____ Data excerpts
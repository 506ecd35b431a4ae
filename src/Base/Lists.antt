-- ===== src/Base/Lists.antt =====
-- Lists: measures by native numbers, sums, filters by a test, and predicates on all entries.
use Prim.Native.Nat.{ℕ, suc, ◌+◌, ◌≤◌}
use mathlib.Core.Path.{◌≡◌, refl, subst}
use mathlib.Core.Logic.{inl, inr}
use mathlib.Core.Bool.{Bool, true, false, ◌||◌}
use mathlib.Core.Option.{Option, none, some}
use mathlib.Core.List.{List, [], ◌∷◌, ◌++◌}
use native.Mathlib.Omega.{arith}
use cozy_backend.Base.Tests.{if◌then◌else◌, Bool-cases}

module _ {ℓ} {A : Type ℓ} where
  abbrev pub length : List A → ℕ
  length [] = 0
  length (_ ∷ xs) = suc (length xs)

  -- `SELECT … WHERE test`
  abbrev pub where_rows : (A → Bool) → List A → List A
  where_rows test [] = []
  where_rows test (x ∷ xs) = let rest = where_rows test xs in if test x then x ∷ rest else rest

  -- `SELECT COUNT(*) … WHERE test`
  abbrev pub count_rows : (A → Bool) → List A → ℕ
  count_rows test [] = 0
  count_rows test (x ∷ xs) = let rest = count_rows test xs in if test x then suc rest else rest

  -- `SELECT EXISTS (… WHERE test)`
  abbrev pub any_row : (A → Bool) → List A → Bool
  any_row test [] = false
  any_row test (x ∷ xs) = test x || any_row test xs

  -- The first row that passes the test.
  abbrev pub first_row : (A → Bool) → List A → Option A
  first_row test [] = none
  first_row test (x ∷ xs) = let rest = first_row test xs in if test x then some x else rest

  -- `UPDATE … SET … WHERE test`
  abbrev pub update_rows : (A → Bool) → (A → A) → List A → List A
  update_rows test f [] = []
  update_rows test f (x ∷ xs) = (if test x then f x else x) ∷ update_rows test f xs

  pub count_rows_mono :
      (p q : A → Bool) (xs : List A)
      → ((x : A) → p x ≡ true → q x ≡ true)
      → count_rows p xs ≤ count_rows q xs
  count_rows_mono p q [] h = omega arith
  count_rows_mono p q (x ∷ xs) h = ground (arith, h x, count_rows_mono p q xs h)

  pub count_rows-update :
      (p test : A → Bool) (f : A → A) (xs : List A)
      → ((x : A) → p (f x) ≡ p x)
      → count_rows p (update_rows test f xs) ≡ count_rows p xs
  count_rows-update p test f [] same = refl
  count_rows-update p test f (x ∷ xs) same =
      ground (arith, same x, count_rows-update p test f xs same)

  -- A change under which no row fails the test that passed it loses none.
  pub count_rows-keep :
      (p test : A → Bool) (f : A → A) (xs : List A)
      → ((x : A) → p x ≡ true → p (f x) ≡ true)
      → count_rows p xs ≤ count_rows p (update_rows test f xs)
  count_rows-keep p test f [] same = omega arith
  count_rows-keep p test f (x ∷ xs) same = ground (arith, same x, count_rows-keep p test f xs same)

  abbrev pub sum_by : (A → ℕ) → List A → ℕ
  sum_by f [] = 0
  sum_by f (x ∷ xs) = f x + sum_by f xs

  pub sum_by-append : (f : A → ℕ) (xs ys : List A) → sum_by f (xs ++ ys) ≡ sum_by f xs + sum_by f ys
  sum_by-append f [] ys = omega arith
  sum_by-append f (x ∷ xs) ys = omega (arith, sum_by-append f xs ys)

  abbrev pub All {κ} : (A → Type κ) → List A → Type κ
  All P [] = Unit
  All P (x ∷ xs) = P x × All P xs

  pub All-append {κ} : (P : A → Type κ) (xs ys : List A) → All P xs → All P ys → All P (xs ++ ys)
  All-append P [] ys hx hy = hy
  All-append P (x ∷ xs) ys hx hy = (hx.0, All-append P xs ys hx.1 hy)

  pub All-map {κ ι} :
      {P : A → Type κ} {Q : A → Type ι} (imp : (x : A) → P x → Q x) (xs : List A)
      → All P xs
      → All Q xs
  All-map imp [] h = tt
  All-map imp (x ∷ xs) h = (imp x h.0, All-map imp xs h.1)

  pub All-both {κ ι} :
      (P : A → Type κ) (Q : A → Type ι) (xs : List A)
      → All P xs
      → All Q xs
      → All (λ x. P x × Q x) xs
  All-both P Q [] hp hq = tt
  All-both P Q (x ∷ xs) hp hq = ((hp.0, hq.0), All-both P Q xs hp.1 hq.1)

  -- A row that a query finds has the property of all rows.
  pub first_row-All {κ} :
      (P : A → Type κ) (test : A → Bool) (xs : List A) (o : A)
      → All P xs
      → first_row test xs ≡ some o
      → P o × (test o ≡ true)
  first_row-All P test [] o h e = cc
  first_row-All P test (x ∷ xs) o h e = elim (Bool-cases (test x)) [
    | inl hit ↦
        let found : some x ≡ some o = rw hit at e in
        let same : x ≡ o = cc in subst (λ y. P y × (test y ≡ true)) same (h.0, hit)
    | inr miss ↦ first_row-All P test xs o h.1 (rw miss at e)
  ]

  pub All-update_rows {κ} :
      (P Q : A → Type κ) (test : A → Bool) (f : A → A) (xs : List A)
      → ((o : A) → P o → test o ≡ true → Q (f o))
      → ((o : A) → P o → test o ≡ false → Q o)
      → All P xs
      → All Q (update_rows test f xs)
  All-update_rows P Q test f [] hit miss h = tt
  All-update_rows P Q test f (o ∷ os) hit miss h = elim (Bool-cases (test o)) [
    | inl e ↦ rw e (hit o h.0 e, All-update_rows P Q test f os hit miss h.1)
    | inr e ↦ rw e (miss o h.0 e, All-update_rows P Q test f os hit miss h.1)
  ]

  pub All-always {κ} : (P : A → Type κ) (xs : List A) → ((x : A) → P x) → All P xs
  All-always P [] h = tt
  All-always P (x ∷ xs) h = (h x, All-always P xs h)

  -- A row that a query finds passes its test.
  pub first_row-test :
      (test : A → Bool) (xs : List A) (o : A) → first_row test xs ≡ some o → test o ≡ true
  first_row-test test xs o e =
      (first_row-All Anything test xs o (All-always Anything xs (λ _. tt)) e).1
    where
      Anything : A → Type 0
      Anything _ = Unit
________
Instructions to follow —
Once you find the line containing "-- The first row that passes the test.", stop: reproduce exactly that line and every line of the data before it, and nothing else.

Exercise solution —
repository 506ecd35b431a4ae
filename src/Base/Lists.antt
-- ===== src/Base/Lists.antt =====
-- Lists: measures by native numbers, sums, filters by a test, and predicates on all entries.
use Prim.Native.Nat.{ℕ, suc, ◌+◌, ◌≤◌}
use mathlib.Core.Path.{◌≡◌, refl, subst}
use mathlib.Core.Logic.{inl, inr}
use mathlib.Core.Bool.{Bool, true, false, ◌||◌}
use mathlib.Core.Option.{Option, none, some}
use mathlib.Core.List.{List, [], ◌∷◌, ◌++◌}
use native.Mathlib.Omega.{arith}
use cozy_backend.Base.Tests.{if◌then◌else◌, Bool-cases}

module _ {ℓ} {A : Type ℓ} where
  abbrev pub length : List A → ℕ
  length [] = 0
  length (_ ∷ xs) = suc (length xs)

  -- `SELECT … WHERE test`
  abbrev pub where_rows : (A → Bool) → List A → List A
  where_rows test [] = []
  where_rows test (x ∷ xs) = let rest = where_rows test xs in if test x then x ∷ rest else rest

  -- `SELECT COUNT(*) … WHERE test`
  abbrev pub count_rows : (A → Bool) → List A → ℕ
  count_rows test [] = 0
  count_rows test (x ∷ xs) = let rest = count_rows test xs in if test x then suc rest else rest

  -- `SELECT EXISTS (… WHERE test)`
  abbrev pub any_row : (A → Bool) → List A → Bool
  any_row test [] = false
  any_row test (x ∷ xs) = test x || any_row test xs

  -- The first row that passes the test.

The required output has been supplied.